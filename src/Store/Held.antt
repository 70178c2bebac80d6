-- ===== src/Store/Held.antt =====
-- crates/db-core/src/store/session_results.rs: what may happen to the stores of a session, as a step
-- relation, and what holds in every state that it reaches.
use reldex.Base.{
  ℕ, ◌<◌, ◌≡◌, ◌≢◌, refl, subst, ◌∙◌, inl, inr, Bool-cases, Bool, false, not, ◌||◌, some, List, [],
  ◌∷◌, arith,
}
use reldex.Driver.Error.{DbResult}
use reldex.Store.Ids.{SessionId, ResultId}
use reldex.Store.Policy.{ResultPolicy}
use reldex.Store.Result.{
  FetchTicket, FetchRequest, StoreAction, SegmentReply, Fetched, FetchMore, Phase, ResultStore,
}
use reldex.Store.Fetch.{held_back, due, record_action}
use reldex.Store.Inputs.{
  more_caps, set_demand, fetch_all, stop, resume, at_raisable_limit, fetch_more, discard,
  ExecuteOutcome, on_fetched, statement_executed, session_ended,
}
use reldex.Store.Sound.{due-DueFetch}
use reldex.Store.Pending.{settle-pending, Waits, on_fetched-Waits}
use reldex.Events.Event.{SessionEvent}
use reldex.Store.Session.{
  Observed, SessionResults, new_results, open_store, remove, end_submitted, observe,
}
use reldex.Store.Waiting.{
  AllWait, IsWaiting, open_store-IsWaiting, end_submitted-IsWaiting, observe-IsWaiting,
  remove-IsWaiting, executed-pending,
}

-- What is done to one of the stores by itself, also through `SessionResults::get_mut`. The two calls
-- that count the ends of transactions are not among them: `SessionResults` makes these for every store
-- at once, with its own count.
pub data OwnStep : ResultStore → ResultStore → Type 0 where
  submitted : {s : ResultStore} (a : StoreAction) → due s ≡ some a → OwnStep s (record_action s a)
  demanded : {s : ResultStore} (rows : ℕ) → OwnStep s (set_demand s rows)
  streamed : {s : ResultStore} → OwnStep s (fetch_all s)
  stopped : {s : ResultStore} → OwnStep s (stop s)
  resumed : {s : ResultStore} → OwnStep s (resume s)
  raised : {s : ResultStore} (more : FetchMore) → OwnStep s (fetch_more s more).0
  discarded : {s : ResultStore} → OwnStep s (discard s)
  replied :
      {s s' : ResultStore} (debug_assertions : Bool) (ticket : FetchTicket)
      (reply : DbResult SegmentReply) (fetched : Fetched)
      → on_fetched debug_assertions s ticket reply ≡ some (s', fetched)
      → OwnStep s s'
  executed : {s : ResultStore} (outcome : ExecuteOutcome) → OwnStep s (statement_executed s outcome)
  session_over : {s : ResultStore} → OwnStep s (session_ended s)

-- One store of the list takes a step.
pub data OneSteps : List ResultStore → List ResultStore → Type 0 where
  this :
      {s t : ResultStore} {stores : List ResultStore}
      → OwnStep s t
      → OneSteps (s ∷ stores) (t ∷ stores)
  later :
      {s : ResultStore} {stores others : List ResultStore}
      → OneSteps stores others
      → OneSteps (s ∷ stores) (s ∷ others)

pub data SessionStep : SessionResults → SessionResults → Type 0 where
  opened :
      {r : SessionResults} (outcome : ExecuteOutcome) (policy : ResultPolicy)
      → SessionStep r (open_store r outcome policy).0
  removed : {r : SessionResults} (result : ResultId) → SessionStep r (remove r result).1
  announced : {r : SessionResults} → SessionStep r (end_submitted r)
  observed :
      {r r' : SessionResults} (debug_assertions : Bool) (e : SessionEvent) (seen : Observed)
      → observe debug_assertions r e ≡ some (r', seen)
      → SessionStep r r'
  stepped :
      {r : SessionResults} {stores : List ResultStore}
      → OneSteps r.stores stores
      → SessionStep r (record r { stores = stores })

pub data SessionReach (r : SessionResults) : SessionResults → Type 0 where
  start : SessionReach r r
  after : {t u : SessionResults} → SessionReach r t → SessionStep t u → SessionReach r u

record_action-pending :
    (s : ResultStore) (a : StoreAction)
    → (record_action s a).transaction_ends_pending ≡ s.transaction_ends_pending
unfolding record_action
record_action-pending s (StoreAction.fetch request) = refl
record_action-pending s (StoreAction.close_result result) = refl

fetch_more-pending :
    (s : ResultStore) (more : FetchMore)
    → (fetch_more s more).0.transaction_ends_pending ≡ s.transaction_ends_pending
unfolding fetch_more
fetch_more-pending s more =
    elim (Bool-cases (not (at_raisable_limit s.phase) || s.cursor_closed || s.close_due)) [
      | inl refused ↦ rw refused refl
      | inr applies ↦ rw applies (
          settle-pending
            (record s { caps = more_caps s more; phase = Phase.active; stopped = false }))
    ]

discard-pending :
    (s : ResultStore) → (discard s).transaction_ends_pending ≡ s.transaction_ends_pending
unfolding discard
discard-pending s = ground arith

OwnStep-pending :
    {s t : ResultStore} → OwnStep s t → t.transaction_ends_pending ≡ s.transaction_ends_pending
unfolding set_demand fetch_all stop resume session_ended
OwnStep-pending (OwnStep.submitted {s = s} a e) = record_action-pending s a
OwnStep-pending (OwnStep.demanded rows) = refl
OwnStep-pending OwnStep.streamed = refl
OwnStep-pending OwnStep.stopped = refl
OwnStep-pending OwnStep.resumed = refl
OwnStep-pending (OwnStep.raised {s = s} more) = fetch_more-pending s more
OwnStep-pending (OwnStep.discarded {s = s}) = discard-pending s
OwnStep-pending (OwnStep.replied {s = s} debug ticket reply fetched e) =
    subst (Waits s.transaction_ends_pending) e (on_fetched-Waits debug s ticket reply)
OwnStep-pending (OwnStep.executed {s = s} outcome) = executed-pending s outcome
OwnStep-pending OwnStep.session_over = refl

OneSteps-AllWait :
    (n : ℕ) {stores others : List ResultStore}
    → OneSteps stores others
    → AllWait n stores
    → AllWait n others
OneSteps-AllWait n (OneSteps.this st) (p, h) = (OwnStep-pending st ∙ p, h)
OneSteps-AllWait n (OneSteps.later st) (p, h) = (p, OneSteps-AllWait n st h)

SessionStep-IsWaiting : {r r' : SessionResults} → SessionStep r r' → IsWaiting r → IsWaiting r'
SessionStep-IsWaiting (SessionStep.opened {r = r} outcome policy) h =
    open_store-IsWaiting r outcome policy h
SessionStep-IsWaiting (SessionStep.removed {r = r} result) h = remove-IsWaiting r result h
SessionStep-IsWaiting (SessionStep.announced {r = r}) h = end_submitted-IsWaiting r h
SessionStep-IsWaiting (SessionStep.observed {r = r} {r' = r'} debug e seen q) h =
    observe-IsWaiting debug r r' e seen h q
SessionStep-IsWaiting (SessionStep.stepped st) h = OneSteps-AllWait _ st h

SessionReach-IsWaiting : {r r' : SessionResults} → SessionReach r r' → IsWaiting r → IsWaiting r'
SessionReach-IsWaiting SessionReach.start h = h
SessionReach-IsWaiting (SessionReach.after reach st) h =
    SessionStep-IsWaiting st (SessionReach-IsWaiting reach h)

-- No store of the list has a fetch due.
abbrev pub NoneFetch : List ResultStore → Type 0
NoneFetch [] = Unit {0}
NoneFetch (s ∷ stores) =
    ((request : FetchRequest) → due s ≢ some (StoreAction.fetch request)) × NoneFetch stores

waiting-due :
    (s : ResultStore) (request : FetchRequest)
    → 0 < s.transaction_ends_pending
    → due s ≢ some (StoreAction.fetch request)
unfolding held_back
waiting-due s request p e = ground (arith, (due-DueFetch s request e).held)

AllWait-NoneFetch :
    (n : ℕ) (stores : List ResultStore) → 0 < n → AllWait n stores → NoneFetch stores
AllWait-NoneFetch n [] p h = tt
AllWait-NoneFetch n (s ∷ stores) p (e, h) =
    (λ request. waiting-due s request (omega (arith, e)), AllWait-NoneFetch n stores p h)

-- Whatever is opened, removed, announced, observed or done to a store of a session, each of its stores
-- counts as many unanswered ends of a transaction as the session does, stores opened in between
-- included; and while there is one, no store has a fetch due.
pub SessionReach-NoneFetch :
    (session : SessionId) (r : SessionResults)
    → SessionReach (new_results session) r
    → IsWaiting r × (0 < r.transaction_ends_pending → NoneFetch r.stores)
SessionReach-NoneFetch session r reach =
    let h = SessionReach-IsWaiting reach tt in
    (h, λ p. AllWait-NoneFetch r.transaction_ends_pending r.stores p h)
____________
Problem details: From the line holding "OwnStep-pending OwnStep.streamed = refl" to the line holding "debug ticket reply", inclusive, restate each line above exactly as written.

Answer to this task:
OwnStep-pending OwnStep.streamed = refl
OwnStep-pending OwnStep.stopped = refl
OwnStep-pending OwnStep.resumed = refl
OwnStep-pending (OwnStep.raised {s = s} more) = fetch_more-pending s more
OwnStep-pending (OwnStep.discarded {s = s}) = discard-pending s
OwnStep-pending (OwnStep.replied {s = s} debug ticket reply fetched e) =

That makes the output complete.